Exercice 11. Trouver tous les nombres entiers $z \in \mathbb{Z}$ tels que
$$
2^{z}+2=r^{2}
$$
où $r \in \mathbb{Q}$ est un nombre rationnel.
Un nombre rationnel est un nombre qui s'écrit sous la forme $\frac{\mathrm{a}}{\mathrm{b}}$ avec $\mathrm{a}, \mathrm{b}$ des entiers et $\mathrm{b} \neq 0$.

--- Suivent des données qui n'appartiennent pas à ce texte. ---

-- ===== src/SparseBlock/Builder/Index.antt =====
-- The index of a Builder (internal/sparseblock/builder.go) from call to call of `AddBlocks`.
use logblock.Prelude.{
  ℕ, zero, suc, ◌+◌, ◌-◌, ◌^◌, ◌≤◌, ◌<◌, ◌≡◌, refl, sym, ap, subst, ◌∙◌, some, List, [], ◌∷◌, ◌++◌,
  arith, Bytes, slt-eq-ltb, add64, add64-eq, append-nil,
}
use logblock.SparseBlock.{RangeEntry}
use logblock.SparseBlock.Builder.{
  Filling, fill, Builder, new_builder, split_last, filling, add_entry, add_blocks,
}
use logblock.SparseBlock.Builder.Decode.{
  Placed, run, range_blocks, range_length, table_blocks, entry_total,
}
use logblock.SparseBlock.Builder.Fill.{IsFilling, blocks, Adds}
use logblock.SparseBlock.Builder.Adds.{fill-Adds, Reaches}

split_last_join :
    (r : RangeEntry) (rest : List RangeEntry)
    → (split_last r rest).0 ++ (split_last r rest).1 ∷ [] ≡ r ∷ rest
unfolding split_last
split_last_join r [] = refl
split_last_join r (q ∷ rest) = ap (λ t. r ∷ t) (split_last_join q rest)

split_last_push :
    (r q : RangeEntry) (rest : List RangeEntry) → split_last q (rest ++ r ∷ []) ≡ (q ∷ rest, r)
unfolding split_last
split_last_push r q [] = refl
split_last_push r q (p ∷ rest) = ap (λ t. (q ∷ t.0, t.1)) (split_last_push r p rest)

filling_push :
    (offset : ℕ) (before : List RangeEntry) (curr : RangeEntry) (buf : Bytes) (d : ℕ)
    → filling offset (before ++ curr ∷ []) buf d
      ≡ record { before = before; curr = curr; block_entry_buf = buf; data_offset = d }
unfolding filling split_last
filling_push offset [] curr buf d = refl
filling_push offset (q ∷ before) curr buf d =
    ap (λ t. record { before = t.0; curr = t.1; block_entry_buf = buf; data_offset = d })
      (split_last_push curr q before)

module _ {R : Type 0} where
  -- A Builder between calls: its index is well-formed, and the last range starts before the end.
  pub record IsBuilder (b : Builder R) : Type 0 where
    pub filled : IsFilling (filling b.prev_end b.ranges b.block_entry_buf b.data_offset)
    pub started :
        (filling b.prev_end b.ranges b.block_entry_buf b.data_offset).curr.start_offset ≤ b.prev_end
    pub total : b.total_blocks ≡ b.data_offset
    pub total_data : b.total_data_blocks ≡ b.data_offset
    pub bound : b.data_offset ≤ 2 ^ 48

  -- The blocks that the index stands for, with the positions of their data.
  unfoldable pub index_blocks : Builder R → List Placed
  index_blocks b = table_blocks b.ranges b.block_entry_buf

pub new_builder-IsBuilder :
    {R : Type 0} (block_size : ℕ) → IsBuilder {R = R} (new_builder block_size)
unfolding new_builder filling range_length entry_total
new_builder-IsBuilder block_size = record {
  filled = record {
    front = [];
    back = [];
    split = refl;
    front_length = omega arith;
    back_length = omega arith;
    position = omega arith;
  };
  started = omega arith;
  total = refl;
  total_data = refl;
  bound = omega arith;
}

-- The start of the first range is all that depends on the offset.
filling-IsFilling :
    (x y : ℕ) (rs : List RangeEntry) (buf : Bytes) (d : ℕ)
    → IsFilling (filling x rs buf d)
    → x ≤ y
    → (filling x rs buf d).curr.start_offset ≤ x
    → IsFilling (filling y rs buf d)
      × (blocks (filling y rs buf d) ≡ table_blocks rs buf)
      × ((filling y rs buf d).curr.start_offset ≤ y)
unfolding filling blocks table_blocks range_blocks
filling-IsFilling x y [] buf d v later started = (
  record {
    front = v.front;
    back = v.back;
    split = v.split;
    front_length = v.front_length;
    back_length = v.back_length;
    position = v.position;
  },
  refl,
  omega arith,
)
filling-IsFilling x y (r ∷ rest) buf d v later started =
    (v, ap (λ rs. table_blocks rs buf) (split_last_join r rest), omega arith)

filling-data_offset :
    (x : ℕ) (rs : List RangeEntry) (buf : Bytes) (d : ℕ) → (filling x rs buf d).data_offset ≡ d
unfolding filling
filling-data_offset x [] buf d = refl
filling-data_offset x (r ∷ rest) buf d = refl

module _ {R : Type 0} where
  -- The Builder after the loop.
  abbrev added : ℕ → ℕ → R → Builder R → Filling → Builder R
  added offset len source b s = record b {
    entries = b.entries ++ record { offset = offset; length = len; source = source } ∷ [];
    data_offset = s.data_offset;
    ranges = s.before ++ s.curr ∷ [];
    block_entry_buf = s.block_entry_buf;
    total_blocks = add64 b.total_blocks len;
    total_data_blocks = add64 b.total_data_blocks len;
    prev_end = add64 offset len;
  }

  added-IsBuilder :
      (offset len : ℕ) (source : R) (b : Builder R) (s : Filling)
      → IsBuilder b
      → IsFilling s
      → s.curr.start_offset ≤ offset + len
      → s.data_offset ≡ b.data_offset + len
      → offset + len < 2 ^ 63
      → b.data_offset + len ≤ 2 ^ 48
      → IsBuilder (added offset len source b s)
  added-IsBuilder offset len source b s i v start d small fits =
      let e = filling_push (add64 offset len) s.before s.curr s.block_entry_buf s.data_offset in
      record {
        filled = subst IsFilling (sym e) v;
        started =
            subst (λ t. t.curr.start_offset ≤ add64 offset len) (sym e)
              (omega (arith, add64-eq offset len (omega arith)));
        total = add64-eq b.total_blocks len (omega (arith, i.total)) ∙ omega (arith, i.total);
        total_data =
            add64-eq b.total_data_blocks len (omega (arith, i.total_data))
            ∙ omega (arith, i.total_data);
        bound = omega arith;
      }

  add_entry-some :
      (offset len : ℕ) (source : R) (b : Builder R) (s : Filling)
      → fill len offset len 0 (filling offset b.ranges b.block_entry_buf b.data_offset) ≡ some s
      → add_entry offset len source b ≡ some (added offset len source b s)
  unfolding add_entry
  add_entry-some offset len source b s e = rw (e, add_entry) refl

  add_blocks-guards :
      (offset len : ℕ) (source : R) (b : Builder R)
      → b.prev_end ≤ offset
      → offset + len < 2 ^ 63
      → b.data_offset + len ≤ 2 ^ 48
      → 0 < len
      → add_blocks offset len source b ≡ add_entry offset len source b
  unfolding add_blocks
  add_blocks-guards offset len source b after small fits more = ground (
    arith,
    slt-eq-ltb offset 0 (omega arith) (omega arith),
    slt-eq-ltb len 0 (omega arith) (omega arith),
    slt-eq-ltb (2 ^ 48) len (omega arith) (omega arith),
    slt-eq-ltb (2 ^ 48) (b.data_offset + len) (omega arith) (omega arith),
    add64-eq b.data_offset len (omega arith),
    slt-eq-ltb offset b.prev_end (omega arith) (omega arith),
  )

  add_blocks-none :
      (offset : ℕ) (source : R) (b : Builder R)
      → b.prev_end ≤ offset
      → offset < 2 ^ 63
      → b.data_offset ≤ 2 ^ 48
      → add_blocks offset 0 source b ≡ some b
  unfolding add_blocks
  add_blocks-none offset source b after small fits = ground (
    arith,
    slt-eq-ltb offset 0 (omega arith) (omega arith),
    slt-eq-ltb 0 0 (omega arith) (omega arith),
    slt-eq-ltb (2 ^ 48) 0 (omega arith) (omega arith),
    slt-eq-ltb (2 ^ 48) b.data_offset (omega arith) (omega arith),
    add64-eq b.data_offset 0 (omega arith),
    slt-eq-ltb offset b.prev_end (omega arith) (omega arith),
  )

  -- On a Builder with a well-formed index, AddBlocks of a range that starts at or after the end of the
  -- last one, ends below 2^63 and keeps the file within MaxBlocks does not panic, keeps the index
  -- well-formed, and adds exactly the blocks of the range to those that the index stands for, in
  -- order, with their data in a row after the data of the others.
  pub index_blocks-add_blocks :
      (offset len : ℕ) (source : R) (b : Builder R)
      → IsBuilder b
      → b.prev_end ≤ offset
      → offset + len < 2 ^ 63
      → b.data_offset + len ≤ 2 ^ 48
      → (b' : Builder R) × (add_blocks offset len source b ≡ some b')
        × IsBuilder b'
        × (index_blocks b' ≡ index_blocks b ++ run offset len b.data_offset)
  unfolding index_blocks run Reaches Adds blocks
  index_blocks-add_blocks offset zero source b i after small fits = (
    b,
    add_blocks-none offset source b after (omega arith) (omega arith),
    i,
    sym (append-nil (table_blocks b.ranges b.block_entry_buf)),
  )
  index_blocks-add_blocks offset (suc n) source b i after small fits =
      let len = suc n in
      let v =
        filling-IsFilling b.prev_end offset b.ranges b.block_entry_buf b.data_offset i.filled after
          i.started in
      let s = filling offset b.ranges b.block_entry_buf b.data_offset in
      let d = filling-data_offset offset b.ranges b.block_entry_buf b.data_offset in
      let loop =
        fill-Adds len offset len 0 s v.0 (omega (arith, v.2)) (omega arith) (omega arith) small
          (omega (arith, d)) in
      let o : offset + 0 ≡ offset = omega arith in
      let l : len - 0 ≡ len = omega arith in
      (
        added offset len source b loop.0,
        add_blocks-guards offset len source b after small fits (omega arith)
            ∙ add_entry-some offset len source b loop.0 loop.1,
        added-IsBuilder offset len source b loop.0 i loop.2.0 loop.3 (omega (arith, loop.2.2, d))
            small fits,
        loop.2.1 ∙ λ j. v.1 j ++ run (o j) (l j) (d j),
      )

Solution de l'exercice 11 Notons que si $(z, r)$ est un couple solution, $(z,-r)$ est également un couple solution. On peut donc supposer pour la suite que $r \geqslant 0$. Etant donné que $2^{z}+z>0$, on a même $r>0$. On pose $r=\frac{a}{b}$, avec $a$ et $b$ des entiers strictement positifs et premiers entre eux.
Si $z \geqslant 0$, alors $2^{z}+2$ est entier donc r est entier et $\mathrm{b}=1$. On doit désormais résoudre l'équation $2^{z}+2=a^{2}$ dans les entiers positifs. Si $z \geqslant 2$, alors l'équation vue modulo 4 donne $a^{2} \equiv 2 \bmod 4$ ce qui n'a pas de solution puisqu'un carré est toujours congru à 0 ou à 1 modulo 4 . On déduit que $z=0$ ou $z=1$. Dans le premier cas, on obtient $3=\mathfrak{a}^{2}$ qui n'admet pas de solution entière. Dans le deuxième cas on trouve $4=a^{2}$ soit $a=2$. Réciproquement, les couples $(1,-2)$ et $(1,2)$ satisfont bien l'équation.
$\mathrm{Si} z<0$, alors on pose $z^{\prime}=-z$, avec $z^{\prime}>0$. L'équation dévient $\frac{1}{2^{z^{\prime}}}+2=\frac{a^{2}}{b^{2}}$. En supprimant les dénominateurs on obtient
$$
b^{2}\left(1+2^{z^{\prime}+1}\right)=a^{2} \cdot 2^{z^{\prime}}
$$
Puisque $1+2^{z^{\prime}+1}$ est premier avec $2^{z^{\prime}}$, par le lemme de Gauss on obtient que $2^{z^{\prime}+1}+1$ divise $a^{2}$. Comme $a$ et $b$ sont premiers entre eux, par le lemme de Gauss on obtient aussi que $a^{2}$ divise $1+2^{z^{\prime}+1}$. On déduit que $a^{2}=2^{z^{\prime}+1}+1$, que l'on réécrit $2^{z^{\prime}+1}=(a-1)(a+1)$. On déduit que $a+1$ et $a-1$ sont tous les deux des puissances de 2 dont la différence vaut 2 . On déduit donc que $a+1=4$ et $a-1=2$ soit $\mathrm{a}=3$ et $z^{\prime}=2$. Ainsi $\mathrm{b}=2$. Réciproquement, les couples $\left(-2,-\frac{3}{2}\right)$ et $\left(-2, \frac{3}{2}\right)$ sont bien solutions de l'équation. Les solutions sont donc $\left\{\left(-2,-\frac{3}{2}\right),\left(-2, \frac{3}{2}\right),(1,-2),(1,2)\right\}$.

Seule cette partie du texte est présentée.